══ Information

-- ===== src/Runner/Loop.antt =====
-- src/agent_loop/runner.rs: the loop, and the runner that catches a panic of it. `valid` is the
-- validation of a configuration against the limits, and `encode` the JSON text of an answer.
use minicore_runtime.Base.{Bool, List, [], ◌∷◌, Option, none, some, Result, ok, err}
use minicore_runtime.Text.{Text}
use minicore_runtime.Ids.{RuntimeId}
use minicore_runtime.Interaction.{CanonicalResult}
use minicore_runtime.Usage.{default_usage}
use minicore_runtime.Control.Host.{HostCall, land}
use minicore_runtime.Batch.{FailPath, Panic}
use minicore_runtime.Execution.{ExecutionConfig}
use minicore_runtime.History.{prompt_message, append_user, new_working}
use minicore_runtime.Options.{LoopOptions, LoopRequest}
use minicore_runtime.Runner.{LoopControl, LoopReport, Totals, finish_loop, panic_report}
use minicore_runtime.Runner.Turn.{Progress, Pass, Passed, again, ends, panics}
use minicore_runtime.Runner.Pass.{run_pass}

-- How the loop ends; none if the passes are over and it still runs.
abbrev pub Ended : Type 0
Ended = LoopControl × Option (Result (FailPath × Progress) Panic)

abbrev pub after_pass : LoopControl × Passed → (LoopControl → Progress → Ended) → Ended
after_pass (c, again p) rest = rest c p
after_pass (c, ends path p) rest = (c, some (ok (path, p)))
after_pass (c, panics) rest = (c, some (err Panic.panic))

module _ (valid : ExecutionConfig → Bool) (encode : CanonicalResult → Text)
    (options : LoopOptions) where
  unfoldable pub run_passes : List Pass → LoopControl → Progress → Ended
  unfolding run_pass
  run_passes [] c p = (c, none)
  run_passes (pass ∷ passes) c p =
      after_pass (run_pass valid encode options pass (land valid pass.before c) p)
        (λ c' p'. run_passes passes c' p')

  abbrev pub first_progress : RuntimeId → LoopRequest → Progress
  first_progress id request = record {
    working =
        append_user (record { loop_id = id; kind = prompt_message; input = request.input })
          (new_working request.history);
    config = request.config;
    issued_revision = 0;
    candidate_revision = none;
    request_index = 0;
    tool_rounds = 0;
    requests = 0;
    last_issued_request_index = none;
    usage = default_usage;
  }

  abbrev pub totals_of : Progress → Totals
  totals_of p = record {
    appended = p.working.appended;
    usage = p.usage;
    requests = p.requests;
    last_issued_request_index = p.last_issued_request_index;
    tool_rounds = p.tool_rounds;
  }

  -- `sealing` and `panicking` are what the handles do before the seal of either end.
  abbrev pub finished :
      List (HostCall ExecutionConfig) → Ended → LoopControl × Option (Result LoopReport Panic)
  finished sealing (c, none) = (c, none)
  finished sealing (c, some (err e)) = (c, some (err e))
  finished sealing (c, some (ok (path, p))) =
      let (c', report) = finish_loop valid sealing path (totals_of p) c in (c', some report)

  unfoldable pub run_loop_inner :
      LoopRequest
      → List Pass
      → List (HostCall ExecutionConfig)
      → LoopControl
      → LoopControl × Option (Result LoopReport Panic)
  unfolding run_passes finish_loop append_user
  run_loop_inner request passes sealing c =
      finished sealing (run_passes passes c (first_progress c.id request))

  abbrev pub caught :
      List (HostCall ExecutionConfig)
      → LoopControl × Option (Result LoopReport Panic)
      → LoopControl × Option (Result LoopReport Panic)
  caught panicking (c, some (err e)) =
      let (c', report) = panic_report (land valid panicking c) in (c', some report)
  caught panicking (c, end) = (c, end)

  unfoldable pub run_loop :
      LoopRequest
      → List Pass
      → List (HostCall ExecutionConfig)
      → List (HostCall ExecutionConfig)
      → LoopControl
      → LoopControl × Option (Result LoopReport Panic)
  unfolding run_loop_inner panic_report
  run_loop request passes sealing panicking c =
      caught panicking (run_loop_inner request passes sealing c)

════

Find the word "record" in the entries above and gather every line that holds it.

*Solution for this exercise*:
  first_progress id request = record {
        append_user (record { loop_id = id; kind = prompt_message; input = request.input })
  totals_of p = record {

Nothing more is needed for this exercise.